Every line holding the string "HeaderValue" should be copied out of the listing.

◆ **Records to use**:
▬▬▬▬▬▬
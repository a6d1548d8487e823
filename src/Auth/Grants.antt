-- ===== src/Auth/Grants.antt =====
-- Who is let in: only an enabled engineer, behind the one item that the hash of a well-formed key finds.
use internal_ai_gateway.Base.{
  ℕ, ◌≡◌, refl, ap, sym, ◌∙◌, Bool, true, false, not, List, [], ◌∷◌, Option, none, some, Text,
  codes, any, starts_with, if◌then◌else◌, Result, ok, err, Result-cases, inl, inr, arith,
}
use internal_ai_gateway.Base.Actions.{◌>>=◌}
use internal_ai_gateway.Services.{Services, s, Item}
use internal_ai_gateway.EngineerAuth.{
  AuthenticatedEngineer, EngineerAuth, find_engineer_by_api_key_hash, engineer_of_items,
  authenticated_engineer_from_item, api_key_hash_attribute,
}
use internal_ai_gateway.Auth.{
  AuthError, disabled_engineer, HeaderValue, ApiKeyHasher, read_api_key, validate_api_key,
  authenticate_headers,
}

-- A key that is read is the header's value, begins with the prefix and has no white space.
pub read_api_key_ok :
    (is_whitespace : ℕ → Bool) (header : Option HeaderValue) (key : Text)
    → read_api_key is_whitespace header ≡ ok key
    → (header ≡ some (some key))
      × (starts_with (codes "iag_") key ≡ true)
      × (any is_whitespace key ≡ false)
unfolding read_api_key validate_api_key
read_api_key_ok is_whitespace none key h = cc
read_api_key_ok is_whitespace (some none) key h = cc
read_api_key_ok is_whitespace (some (some value)) key h = ground arith

found_one :
    (items : List Item) (engineer : AuthenticatedEngineer)
    → engineer_of_items items ≡ ok (some engineer)
    → (item : Item) × (items ≡ item ∷ []) × (authenticated_engineer_from_item item ≡ ok engineer)
found_one [] engineer h = cc
found_one (item ∷ []) engineer h = (item, refl, ground arith)
found_one (item ∷ second ∷ items) engineer h = cc

enabled_grants :
    (b : Bool) (x engineer : AuthenticatedEngineer)
    → Path
        (Result AuthError AuthenticatedEngineer)
        (if not b then err disabled_engineer else ok x)
        (ok engineer)
    → (b ≡ true) × (x ≡ engineer)
enabled_grants true x engineer h = (refl, cc)
enabled_grants false x engineer h = cc

-- An engineer is let in only with a well-formed key in the header, only if the query by the key's hash
-- found exactly one item and the engineer was read from it, and only if that engineer is enabled.
pub authenticate_headers_ok :
    (is_whitespace : ℕ → Bool) (sv : Services) (hash_api_key : ApiKeyHasher → Text → Text)
    (hasher : ApiKeyHasher) (auth : EngineerAuth) (header : Option HeaderValue) (a : sv.State)
    (engineer : AuthenticatedEngineer)
    → (authenticate_headers is_whitespace sv hash_api_key hasher auth header a).0 ≡ ok engineer
    → (key : Text) × (item : Item) × (header ≡ some (some key))
      × (starts_with (codes "iag_") key ≡ true)
      × (any is_whitespace key ≡ false)
      × ((sv.query auth.engineers_table_name auth.engineers_api_key_index_name
            (api_key_hash_attribute, s (hash_api_key hasher key))
            2
            a).0
          ≡ ok (item ∷ []))
      × (authenticated_engineer_from_item item ≡ ok engineer)
      × (engineer.enabled ≡ true)
unfolding authenticate_headers find_engineer_by_api_key_hash
authenticate_headers_ok is_whitespace sv hash_api_key hasher auth header a engineer =
    elim (Result-cases (read_api_key is_whitespace header)) [
      | inr (e, q) ↦ rw (q, authenticate_headers, ◌>>=◌) (λ h. cc)
      | inl (key, q) ↦
          elim (Result-cases
            (sv.query auth.engineers_table_name auth.engineers_api_key_index_name
              (api_key_hash_attribute, s (hash_api_key hasher key)) 2 a).0) [
                | inr (e, c) ↦
                    rw (q, c, authenticate_headers, find_engineer_by_api_key_hash, ◌>>=◌) (λ h. cc)
                | inl (items, c) ↦ elim (Result-cases (engineer_of_items items)) [
                  | inr (e, d) ↦
                      rw (q, c, d, authenticate_headers, find_engineer_by_api_key_hash, ◌>>=◌)
                        (λ h. cc)
                  | inl (none, d) ↦
                      rw (q, c, d, authenticate_headers, find_engineer_by_api_key_hash, ◌>>=◌)
                        (λ h. cc)
                  | inl (some x, d) ↦
                      rw (q, c, d, authenticate_headers, find_engineer_by_api_key_hash, ◌>>=◌)
                        (λ h.
                          let (e, p, w) = read_api_key_ok is_whitespace header key q in
                          let (item, one, from) = found_one items x d in
                          let (b, same) = enabled_grants x.enabled x engineer h in
                          (
                            key,
                            item,
                            e,
                            p,
                            w,
                            c ∙ ap ok one,
                            from ∙ ap ok same,
                            ap (λ y. y.enabled) (sym same) ∙ b,
                          ))
                ]
              ]
    ]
▬▬▬▬▬▬
◆ **Answer**:
  AuthError, disabled_engineer, HeaderValue, ApiKeyHasher, read_api_key, validate_api_key,
    (is_whitespace : ℕ → Bool) (header : Option HeaderValue) (key : Text)
    (hasher : ApiKeyHasher) (auth : EngineerAuth) (header : Option HeaderValue) (a : sv.State)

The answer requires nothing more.